MatX's `make_tensor` with a custom allocator does **not** accept a CUDA stream parameter.
To use stream-ordered allocation, bind the stream when constructing the `MatXAllocator`.
Use `with_stream()` to create allocators for different streams without rebuilding from scratch.

The `MatXAllocator` does **not** own the underlying allocator. The allocator must outlive the `MatXAllocator` and any tensors allocated through it. In practice, register the allocator as a shared resource in `setup()` and construct the `MatXAllocator` with `allocator_.get()` in `compute()`.

To import a `holoscan::Tensor` into MatX via DLPack, use `tensor->to_dlpack()` and MatX's `make_tensor(TensorType&, const DLManagedTensor)` overload.
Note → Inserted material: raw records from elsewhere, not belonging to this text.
-- ===== src/Update/Staging/Agent/Verified.antt =====
-- internal/update/update.go, stage: nothing is staged that does not have the checksum of its manifest.
use fuelmind.Base.{
  ◌≡◌, refl, Bool, true, false, ◌&&◌, inl, inr, Bool-cases, Option-cases, Option, some, List, [],
  ◌∷◌, ◌++◌, Text, text_eq, text_eq_iff, text_eq_refl, trim_space, to_lower, any, arith,
}
use mathlib.Core.Path.{subst}
use fuelmind.Version.{valid}
use fuelmind.Launcher.Disk.{holds, Disk, VersionDir, write_pointer, has_binary}
use fuelmind.Update.{Release, Sha256, download_with_restart}
use fuelmind.Update.Staging.{
  Entry, StageFaults, install, stage_artifact, current_version, extract_core,
}
use fuelmind.Update.Staging.Agent.{World, stage, verify_artifact, downloaded}

-- Version `v` is staged, and the versions that the launcher runs and goes back to are as they were.
pub record IsStaged (v : Text) (d d' : Disk) : Type 0 where
  pub is_valid : valid v ≡ true
  pub not_running : text_eq (current_version d) v ≡ false
  pub pending_now : d'.pending ≡ holds v
  pub has_core : has_binary v d' ≡ true
  pub current_kept : d'.current ≡ d.current
  pub previous_kept : d'.previous ≡ d.previous

-- No pointer has changed.
pub record IsUntouched (d d' : Disk) : Type 0 where
  pub pending_kept : d'.pending ≡ d.pending
  pub current_kept : d'.current ≡ d.current
  pub previous_kept : d'.previous ≡ d.previous

abbrev pub Outcome : Text → Disk → Disk × Bool → Type 0
Outcome v d (d', true) = IsStaged v d d'
Outcome v d (d', false) = IsUntouched d d'

untouched : (d : Disk) → IsUntouched d d
untouched d = record { pending_kept = refl; current_kept = refl; previous_kept = refl }

newest_core :
    (v : Text) (es : List VersionDir) (new : VersionDir)
    → text_eq new.name v ≡ true
    → new.has_core ≡ true
    → any (λ e. text_eq e.name v && e.has_core) (es ++ new ∷ []) ≡ true
newest_core v [] new n c = ground arith
newest_core v (e ∷ es) new n c = ground (arith, newest_core v es new)

install-Outcome :
    (f : StageFaults) (v : Text) (d : Disk)
    → valid v ≡ true
    → text_eq (current_version d) v ≡ false
    → Outcome v d (install f v d)
unfolding install write_pointer has_binary
install-Outcome f v d ok other = elim (Bool-cases f.remove_final) [
  | inl e ↦ simp e (untouched d)
  | inr e ↦ elim (Bool-cases f.rename) [
    | inl g ↦
        simp (e, g) (record { pending_kept = refl; current_kept = refl; previous_kept = refl })
    | inr g ↦ elim (Bool-cases f.write_pending) [
      | inl w ↦
          simp (e, g, ok, w)
            (record { pending_kept = refl; current_kept = refl; previous_kept = refl })
      | inr w ↦
          simp (e, g, ok, w)
            (record {
              is_valid = ok;
              not_running = other;
              pending_now = refl;
              has_core = newest_core v _ _ (text_eq_refl v) refl;
              current_kept = refl;
              previous_kept = refl;
            })
    ]
  ]
]

stage_artifact-install :
    (f : StageFaults) (v : Text) (zip : Option (List Entry)) (d : Disk)
    → valid v ≡ true
    → text_eq (current_version d) v ≡ false
    → extract_core zip ≡ true
    → stage_artifact f v zip d ≡ install f v d
unfolding stage_artifact
stage_artifact-install f v zip d ok other e = ground (arith, ok, other, e)

stage_artifact-Outcome :
    (f : StageFaults) (v : Text) (zip : Option (List Entry)) (d : Disk)
    → Outcome v d (stage_artifact f v zip d)
unfolding stage_artifact
stage_artifact-Outcome f v zip d = elim (Bool-cases (valid v)) [
  | inr e ↦ rw e (untouched d)
  | inl ok ↦ elim (Bool-cases (text_eq (current_version d) v)) [
    | inl e ↦ rw (ok, e) (untouched d)
    | inr other ↦ elim (Bool-cases (extract_core zip)) [
      | inr e ↦ rw (ok, other, e) (untouched d)
      | inl e ↦ rw (stage_artifact-install f v zip d ok other e) (install-Outcome f v d ok other)
    ]
  ]
]

-- The artifact that was downloaded has the checksum of the manifest.
abbrev pub IsVerified : Sha256 → World → Release → Type 0
IsVerified h w rel =
    (artifact : Text) × (downloaded (download_with_restart w.server w.again w.files)
      ≡ some artifact)
    × (to_lower (h.hex artifact) ≡ to_lower (trim_space rel.checksum_sha256))

abbrev pub Staging : Sha256 → World → Release → Disk → Disk × Bool → Type 0
Staging h w rel d (d', true) = IsVerified h w rel × IsStaged rel.version d d'
Staging h w rel d (d', false) = IsUntouched d d'

join :
    (h : Sha256) (w : World) (rel : Release) (d : Disk) (p : Disk × Bool)
    → IsVerified h w rel
    → Outcome rel.version d p
    → Staging h w rel d p
join h w rel d (d', true) v o = (v, o)
join h w rel d (d', false) v o = o

pub stage-Staging :
    (h : Sha256) (w : World) (rel : Release) (d : Disk) → Staging h w rel d (stage h w rel d)
unfolding stage verify_artifact
stage-Staging h w rel d = elim (Bool-cases w.reachable) [
  | inr e ↦ simp e (untouched d)
  | inl e ↦ elim (Option-cases (downloaded (download_with_restart w.server w.again w.files))) [
    | inl g ↦ simp (e, g) (untouched d)
    | inr (artifact, g) ↦
        elim (Bool-cases
          (text_eq (to_lower (h.hex artifact)) (to_lower (trim_space rel.checksum_sha256)))) [
            | inr x ↦ simp (e, g, x) (untouched d)
            | inl x ↦
                simp (e, g, x)
                  (join h w rel d _ (artifact, g, (text_eq_iff _ _).0 x)
                    (stage_artifact-Outcome w.stage_faults rel.version (w.unzip artifact) d))
          ]
  ]
]

-- A release is staged only where the artifact that was downloaded has the checksum of its manifest:
-- then pending.json names it, its binary is installed, its name is valid and it is not the version
-- that runs.
pub stage-IsVerified :
    (h : Sha256) (w : World) (rel : Release) (d d' : Disk)
    → stage h w rel d ≡ (d', true)
    → IsVerified h w rel × IsStaged rel.version d d'
stage-IsVerified h w rel d d' e = subst (Staging h w rel d) e (stage-Staging h w rel d)

-- Where staging fails, no pointer of the data folder has changed.
pub stage-IsUntouched :
    (h : Sha256) (w : World) (rel : Release) (d d' : Disk)
    → stage h w rel d ≡ (d', false)
    → IsUntouched d d'
stage-IsUntouched h w rel d d' e = subst (Staging h w rel d) e (stage-Staging h w rel d)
Manage the returned `DLManagedTensor*` with a scope guard (e.g., `std::unique_ptr` with a custom deleter). See the `matx_allocator` example for a complete demonstration of both raw-pointer and DLPack-based import.

See the `matx_allocator` example under `examples/matx/matx_allocator/` for a complete working application.

### CudaStreamPool

This allocator creates a pool of CUDA streams.

* The `stream_flags` parameter specifies the flags sent to [cudaStreamCreateWithPriority](https://docs.nvidia.com/cuda/cuda-runtime-api/group__CUDART__STREAM.html) when creating the streams in the pool.
* The `stream_priority` parameter specifies the priority sent to [cudaStreamCreateWithPriority](https://docs.nvidia.com/cuda/cuda-runtime-api/group__CUDART__STREAM.html) when creating the streams in the pool. Lower values have a higher priority.
* The `reserved_size` parameter specifies the initial number of CUDA streams created in the pool upon initialization.
* The `max_size` parameter is an optional parameter that can be used to specify a maximum number of CUDA streams that can be present in the pool. The default value of 0 means that the size of the pool is unlimited.
* The `dev_id` parameter is an optional parameter that can be used to specify the CUDA ID of the device on which the stream pool will be created.

## Clock

Clock classes can be provided via a `clock` parameter to the `Scheduler` classes to manage the flow of time.

All clock classes provide a common set of methods that can be used at runtime in user applications.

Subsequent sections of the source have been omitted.